It starts with data and accountability. In an era of limited resources, it is important to ensure that we make the correct investments in human capital. This requires completion and progression metrics that recognize the challenges different populations of students face. It also requires loan repayment metrics and income data. There must be greater accountability in all of higher education, including the for-profit sector, but it must be predicated upon actionable data. Making this data transparent will also help students better connect cost to value when making choices.

Use policy levers to manage higher education cost inflation. With the constant tension between the scarcity of public funds and the need for an educated workforce, rational policy must be created to incentivize institutions to control cost inflation. This can be achieved based on an understanding of both an institution’s cost to taxpayers and the full costs of education including public subsidies. From this understanding, incentives and expectations can be created for institutions to control cost inflation.

Higher education is ripe for positive innovation. More of the same won’t get us where we need to be as a country, but there are significant regulatory barriers to innovation. Addressing issues with the current definitions of the credit hour system is important because it can prevent institutions from innovating around the delivery of education. In addition, expanding the use of Department of Education experimental sites will help incentivize the kind of innovation in financial aid that places a downward pressure on costs. The emergent massive open online courses (MOOC) movement is but one data point to support the ripeness of higher education for meaningful innovation. We can innovate to increase affordability and completion while improving quality.
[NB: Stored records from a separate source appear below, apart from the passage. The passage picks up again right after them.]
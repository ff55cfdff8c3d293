-- ===== src/TextSearch.antt =====
-- internal/code/grep.go: the search for a text or a pattern. The files that the walk and the
-- filters select, with the lines of those that can be read and are no binary, are an argument; so
-- are regexp's compilation of a pattern and `strings.ToLower`. A rune that matters here is one
-- byte.
pub mod Tests
pub mod Exact
use arno.Base.{
  ℕ, suc, ◌+◌, ◌-◌, Bool, true, false, not, ◌&&◌, ◌||◌, List, [], ◌∷◌, ◌++◌, map, Option, none,
  some, Text, codes, text_eq, ltb, leb, ◌==◌, length, take, is_empty, if◌then◌else◌, GoInt,
  negative, nat, trim_space, contains, has_prefix,
}
use arno.Base.Sort.{text_leb}
use arno.Paging.Store.{GrepMatch}

abbrev pub backslash : ℕ
backslash = 92

-- `escapeParens`; `escaped` says that a backslash stands before.
unfoldable pub escape_from : Bool → Text → Text
escape_from escaped [] = []
escape_from escaped (c ∷ s) =
    let rest = escape_from (c == backslash && not escaped) s in
    if not escaped && (c == b'(' || c == b')') then backslash ∷ c ∷ rest else c ∷ rest

abbrev pub escape_parens : Text → Text
escape_parens pattern = escape_from false pattern

unfoldable pub unescape_from : Bool → Text → Text
unescape_from escaped [] = []
unescape_from escaped (c ∷ s) =
    let dropped = unescape_from true s in
    let rest = unescape_from false s in if c == backslash && not escaped then dropped else c ∷ rest

abbrev pub unescape_grep : Text → Text
unescape_grep pattern = unescape_from false pattern

unfoldable pub looks_like_pattern : Text → Bool
looks_like_pattern query =
    contains query (codes "|")
    || (contains query (backslash ∷ [])
        || (contains query (codes ".*") || contains query (codes ".+")))

-- A bare `|`: one that no backslash stands before, once every `\|` is gone.
unfoldable pub has_bare_bar : Text → Bool
has_bare_bar [] = false
has_bare_bar (c ∷ []) = c == b'|'
has_bare_bar (c ∷ d ∷ s) =
    let pair = has_bare_bar s in
    let one = has_bare_bar (d ∷ s) in if c == backslash && d == b'|' then pair else c == b'|' || one

abbrev pub is_operator : ℕ → Bool
is_operator c = c == b'|' || (c == b'(' || (c == b')' || (c == b'+' || c == b'?')))

-- The replacer of `grepToRE2`.
unfoldable pub replace_escapes : Text → Text
replace_escapes [] = []
replace_escapes (c ∷ []) = c ∷ []
replace_escapes (c ∷ d ∷ s) =
    let pair = replace_escapes s in
    let one = replace_escapes (d ∷ s) in
    if c == backslash && is_operator d then d ∷ pair else c ∷ one

unfoldable pub grep_to_re2 : Text → Text
grep_to_re2 pattern =
    if not (contains pattern (backslash ∷ b'|' ∷ [])) || has_bare_bar pattern
    then pattern
    else replace_escapes pattern

abbrev pub max_grep_context : ℕ
max_grep_context = 40

abbrev pub max_grep_line_length : ℕ
max_grep_line_length = 400

-- `line[:maxGrepLineLength] + "…"`
abbrev pub clip_line : Text → Text
clip_line line =
    if leb (length line) max_grep_line_length
    then line
    else take max_grep_line_length line ++ 226 ∷ 128 ∷ 166 ∷ []

-- The loop of `grepFile` over the lines from `number` on; `remaining` matches may still be shown.
unfoldable pub grep_lines : (Text → Bool) → ℕ → Text → ℕ → ℕ → List Text → List GrepMatch × ℕ
grep_lines matcher context rel remaining number [] = ([], 0)
grep_lines matcher context rel remaining number (line ∷ lines) =
    let (skipped, skipped_count) = grep_lines matcher context rel remaining (number + 1) lines in
    let (shown, shown_count) = grep_lines matcher context rel (remaining - 1) (number + 1) lines in
    let found : GrepMatch = record {
      path = rel;
      line = number;
      text = clip_line line;
      after = map clip_line (take context lines);
    } in
    if not (matcher line)
    then (skipped, skipped_count)
    else if remaining == 0
    then (skipped, suc skipped_count)
    else (found ∷ shown, suc shown_count)

abbrev pub grep_file : (Text → Bool) → ℕ → Text → ℕ → Option (List Text) → List GrepMatch × ℕ
grep_file matcher context rel remaining none = ([], 0)
grep_file matcher context rel remaining (some lines) =
    grep_lines matcher context rel remaining 1 lines

pub record Found : Type 0 where
  pub matches : List GrepMatch
  pub total : ℕ
  pub files : ℕ

-- The walk over the selected files.
unfoldable pub grep_files : (Text → Bool) → ℕ → ℕ → Found → List (Text × Option (List Text)) → Found
grep_files matcher context limit found [] = found
grep_files matcher context limit found ((rel, lines) ∷ files) =
    let (shown, n) = grep_file matcher context rel (limit - length found.matches) lines in
    grep_files matcher context limit
      (record {
        matches = found.matches ++ shown;
        total = found.total + n;
        files = if ltb 0 n then found.files + 1 else found.files;
      })
      files

-- Sorted by path, then by line.
abbrev pub match_before : GrepMatch → GrepMatch → Bool
match_before a b = if text_eq a.path b.path then leb a.line b.line else text_leb a.path b.path

unfoldable pub put_match : GrepMatch → List GrepMatch → List GrepMatch
put_match m [] = m ∷ []
put_match m (n ∷ ms) =
    let rest = put_match m ms in if match_before m n then m ∷ n ∷ ms else n ∷ rest

unfoldable pub sort_matches : List GrepMatch → List GrepMatch
sort_matches [] = []
sort_matches (m ∷ ms) = put_match m (sort_matches ms)

-- A limit of zero or less is 40; a context is between 0 and its bound.
abbrev pub limit_or_default : GoInt → ℕ
limit_or_default negative = 40
limit_or_default (nat n) = if n == 0 then 40 else n

abbrev pub bounded_context : GoInt → ℕ
bounded_context negative = 0
bounded_context (nat n) = if ltb max_grep_context n then max_grep_context else n

pub record SearchRequest : Type 0 where
  pub query : Text
  pub regex : Bool
  pub ignore_case : Bool
  pub limit : GoInt
  pub context : GoInt

-- How the query was read: as asked, with its parentheses as text, as a pattern or as text.
pub data ReadAs : Type 0 where
  as_asked with_parens_as_text as_regex as_literal : ReadAs

pub record SearchResponse : Type 0 where
  pub query : Text
  pub matches : List GrepMatch
  pub total : ℕ
  pub files : ℕ
  pub truncated : Bool
  pub read_as : ReadAs

pub data Searched : Type 0 where
  results : SearchResponse → Searched
  query_required : Searched
  invalid_regex : Text → Searched

module _ (compile : Text → Bool → Option (Text → Bool)) (to_lower : Text → Text)
    (files : List (Text × Option (List Text))) where
  unfoldable pub build_matcher : Text → Bool → Bool → Option (Text → Bool)
  build_matcher query is_regex ignore_case =
      if is_regex
      then compile (grep_to_re2 query) ignore_case
      else if ignore_case
      then some (λ line. contains (to_lower line) (to_lower query))
      else some (λ line. contains line query)

  abbrev pub respond : SearchRequest → ReadAs → Found → Searched
  respond req read_as found = results (record {
    query = trim_space req.query;
    matches = sort_matches found.matches;
    total = found.total;
    files = found.files;
    truncated = ltb (length found.matches) found.total;
    read_as = read_as;
  })

  abbrev pub search_with : SearchRequest → Option (Text → Bool) → Searched
  search_with req none = invalid_regex (trim_space req.query)
  search_with req (some matcher) = respond req as_asked (
      grep_files matcher (bounded_context req.context) (limit_or_default req.limit)
        (record { matches = []; total = 0; files = 0 }) files)

  -- `grep` where it does not retry.
  unfoldable pub search_once : SearchRequest → Searched
  search_once req =
      let query = trim_space req.query in
      if is_empty query
      then query_required
      else search_with req (build_matcher query req.regex req.ignore_case)

  abbrev pub read_otherwise : ReadAs → Searched → Searched → Searched
  read_otherwise read_as (results r) first =
      if ltb 0 r.total then results (record r { read_as = read_as }) else first
  read_otherwise read_as _ first = first

  abbrev pub if_answered : Searched → Searched → Searched
  if_answered (results r) first = results (record r { read_as = with_parens_as_text })
  if_answered _ first = first

  abbrev pub retried : SearchRequest → Searched → Searched
  retried req query_required = query_required
  retried req (invalid_regex query) =
      let pattern = grep_to_re2 query in
      if req.regex && not (text_eq (escape_parens pattern) pattern)
      then if_answered (search_once (record req { query = escape_parens pattern }))
          (invalid_regex query)
      else invalid_regex query
  retried req (results r) =
      let query = trim_space req.query in
      if not (r.total == 0)
      then results r
      else if not req.regex && looks_like_pattern query
      then read_otherwise as_regex (search_once (record req { regex = true })) (results r)
      else if req.regex
      then read_otherwise as_literal
          (search_once (record req { regex = false; query = unescape_grep query })) (results r)
      else results r

  unfoldable pub index_grep : SearchRequest → Searched
  index_grep req = retried req (search_once req)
Leverage the private sector for increased capacity and innovation. The for-profit sector has a critical role to play in the future of higher education. It is a source of significant innovation, online development, competency-based learning, and it provides critical scale and access. Companies like Udacity, Coursera, Staighterline and Sophia, which is part of Capella, provide innovative solutions to significantly reduce the cost of a degree.
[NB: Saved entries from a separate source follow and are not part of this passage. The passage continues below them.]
-- ===== src/RouteTable/Registry/FailStop.antt =====
-- The stop after an indeterminate mutation: nothing is served, accepted or written any more.
use pingora_reverse_proxy.Prelude.{◌≡◌, refl, ◌∙◌, Bool, false, none, [], err, Text, arith}
use pingora_reverse_proxy.Route.{RouteKey, Instant}
use pingora_reverse_proxy.Store
use pingora_reverse_proxy.Store.{StoreError, message, Outcome, done, Store}
use pingora_reverse_proxy.Store.Contract.{is_indeterminate}
use pingora_reverse_proxy.RouteTable.Registry.{
  RouteRegistry, Mutation, operation_of, Committed, get, all, resolve, consistency_status,
  observe_activity,
}
use pingora_reverse_proxy.RouteTable.Registry
use pingora_reverse_proxy.RouteTable.Registry.Run.{
  admit, execute, settle, complete, detached_failure, detached_panic,
}
use pingora_reverse_proxy.RouteTable.Registry.Steps.{
  Stage, unlocked, executed, settled, System, Step, admits, executes, settles, completes, observes,
  seals, reports, Reach, here, next,
}
use pingora_reverse_proxy.RouteTable.Tracker
use pingora_reverse_proxy.RouteTable.Tracker.{indeterminate, backend_panic, open_, shutdown}
use pingora_reverse_proxy.RouteTable.Tracker.Drain.{seal_shutdown, take_outcome}
use pingora_reverse_proxy.RouteTable.Tracker.Seal.{finish_seal}

-- The holder of the lock, if there is one, was refused.
abbrev pub IsQuiet : {X : Type 0} → Stage X → Type 0
IsQuiet unlocked = Unit
IsQuiet (settled m o) = Unit
IsQuiet (executed m o) = (e : StoreError) × (o ≡ done (err e)) × (is_indeterminate e ≡ false)

module _ {S X : Type 0} (backend : Store S X) where
  pub record IsStopped (store : S) (s : System S X) : Type 0 where
    pub seal : s.registry.mutations.seal ≡ indeterminate
    pub quiet : IsQuiet s.stage
    pub untouched : s.registry.store ≡ store

  execute_refused :
      (now : Instant) (m : Mutation X) (r : RouteRegistry S X)
      → r.mutations.seal ≡ indeterminate
      → execute backend now m r
        ≡ (done (err (message Tracker.mutation_indeterminate_sealed_error)), r)
  unfolding execute
  execute_refused now m r e = rw (e, Tracker.reject_if_terminally_failed)

  settle_refused :
      (o : Outcome (Committed X)) (e : StoreError) (r : RouteRegistry S X)
      → o ≡ done (err e)
      → is_indeterminate e ≡ false
      → settle o r ≡ r
  unfolding settle
  settle_refused o e r same known = rw (same, settle) (rw (known, settle))

  observe_refused :
      (key : RouteKey) (at : Instant) (r : RouteRegistry S X)
      → r.mutations.seal ≡ indeterminate
      → observe_activity key at [] r ≡ (false, r)
  unfolding observe_activity
  observe_refused key at r e = ground arith

  admit_refused :
      (r : RouteRegistry S X)
      → r.mutations.seal ≡ indeterminate
      → admit r ≡ err (message Tracker.mutation_indeterminate_sealed_error)
  unfolding admit
  admit_refused r e = ground arith

  complete_seal :
      (op : Tracker.MutationOperation) (detached : Bool) (o : Outcome (Committed X))
      (r : RouteRegistry S X)
      → ((complete op detached o r).mutations.seal ≡ r.mutations.seal)
        × ((complete op detached o r).store ≡ r.store)
  unfolding complete
  complete_seal op detached o r = (
    (finish_seal (detached_failure op detached o) (detached_panic op detached o) r.mutations).0,
    refl,
  )

  seal_shutdown_indeterminate :
      (t : Tracker.MutationTrackerState)
      → t.seal ≡ indeterminate
      → (seal_shutdown t).seal ≡ indeterminate
  unfolding seal_shutdown
  seal_shutdown_indeterminate t e = ground arith

  Step-IsStopped :
      {store : S} {s t : System S X} → Step backend s t → IsStopped store s → IsStopped store t
  unfolding take_outcome
  Step-IsStopped {s = s} (admits {r} m e) h = absurd (cc (admit_refused s.registry h.seal))
  Step-IsStopped {s = s} (executes now m before after idle e) h =
      rw (execute_refused now m s.registry h.seal) (record {
        seal = h.seal;
        quiet = (message Tracker.mutation_indeterminate_sealed_error, refl, refl);
        untouched = h.untouched;
      })
  Step-IsStopped {s = s} (settles m o e) h =
      let (error, same, known) = let q : IsQuiet (executed m o) = rw e at h.quiet in q in
      rw (settle_refused o error s.registry same known)
        (record { seal = h.seal; quiet = tt; untouched = h.untouched })
  Step-IsStopped {s = s} (completes m o detached e) h =
      let (seal, store') = complete_seal (operation_of m) detached o s.registry in
      record { seal = seal ∙ h.seal; quiet = tt; untouched = store' ∙ h.untouched }
  Step-IsStopped {s = s} (observes key at) h = rw (observe_refused key at s.registry h.seal) h
  Step-IsStopped {s} seals h = record {
    seal = seal_shutdown_indeterminate s.registry.mutations h.seal;
    quiet = h.quiet;
    untouched = h.untouched;
  }
  Step-IsStopped {s = s} (reports timed_out) h = record {
    seal = h.seal;
    quiet = h.quiet;
    untouched = h.untouched;
  }

  Reach-IsStopped :
      {store : S} {s t : System S X} → IsStopped store s → Reach backend s t → IsStopped store t
  Reach-IsStopped h here = h
  Reach-IsStopped h (next r step) = Step-IsStopped step (Reach-IsStopped h r)

  -- The end of a mutation of which the backend does not know whether it took place.
  abbrev pub unknown : Text → Outcome (Committed X)
  unknown what = done (err (Store.indeterminate what))

  -- The task that holds the lock settles.
  abbrev pub settle_step : Mutation X → Outcome (Committed X) → System S X → System S X
  settle_step m o s = record {
    registry = settle o s.registry;
    waiting = s.waiting;
    stage = settled m o;
  }

  settle-seals :
      (what : Text) (r : RouteRegistry S X)
      → ((settle (unknown what) r).mutations.seal ≡ indeterminate)
        × ((settle (unknown what) r).store ≡ r.store)
  unfolding settle Tracker.indeterminate_seal
  settle-seals what r = (refl, refl)

  -- From a system in which the mutation that holds the lock has ended with an indeterminate error:
  -- once it settles, whatever the tasks go on to do, no lookup finds a route, the list of routes is
  -- empty, the registry reports that it is indeterminate, every mutation is refused with the fixed
  -- error, and the backend is not written again.
  pub Reach-stopped :
      (s t : System S X) (m : Mutation X) (what : Text) (path : Text) (key : RouteKey)
      → s.stage ≡ executed m (unknown what)
      → Reach backend (settle_step m (unknown what) s) t
      → Step backend s (settle_step m (unknown what) s)
        × (resolve path t.registry ≡ none)
        × (get key t.registry ≡ none)
        × (all t.registry ≡ [])
        × (consistency_status t.registry ≡ Registry.indeterminate)
        × (admit t.registry ≡ err (message Tracker.mutation_indeterminate_sealed_error))
        × (t.registry.store ≡ s.registry.store)
  unfolding resolve get all consistency_status
  Reach-stopped s t m what path key held run =
      let (seal, store') = settle-seals what s.registry in
      let stopped = Reach-IsStopped (record { seal = seal; quiet = tt; untouched = store' }) run in
      (
        settles m (unknown what) held,
        ground (arith, stopped.seal),
        ground (arith, stopped.seal),
        ground (arith, stopped.seal),
        ground (arith, stopped.seal),
        admit_refused t.registry stopped.seal,
        stopped.untouched,
      )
Legislation aimed at limiting the ability of for-profit institutions to reach students could have the unintended consequence of severely hampering the ability of institutions to increase access, restrain costs, and be a source for solving the big challenges of higher education. These for-profit institutions do not have the same advantage of non-profit colleges with a physical campus and buildings for recruitment; thus, marketing is important to increase access to higher education.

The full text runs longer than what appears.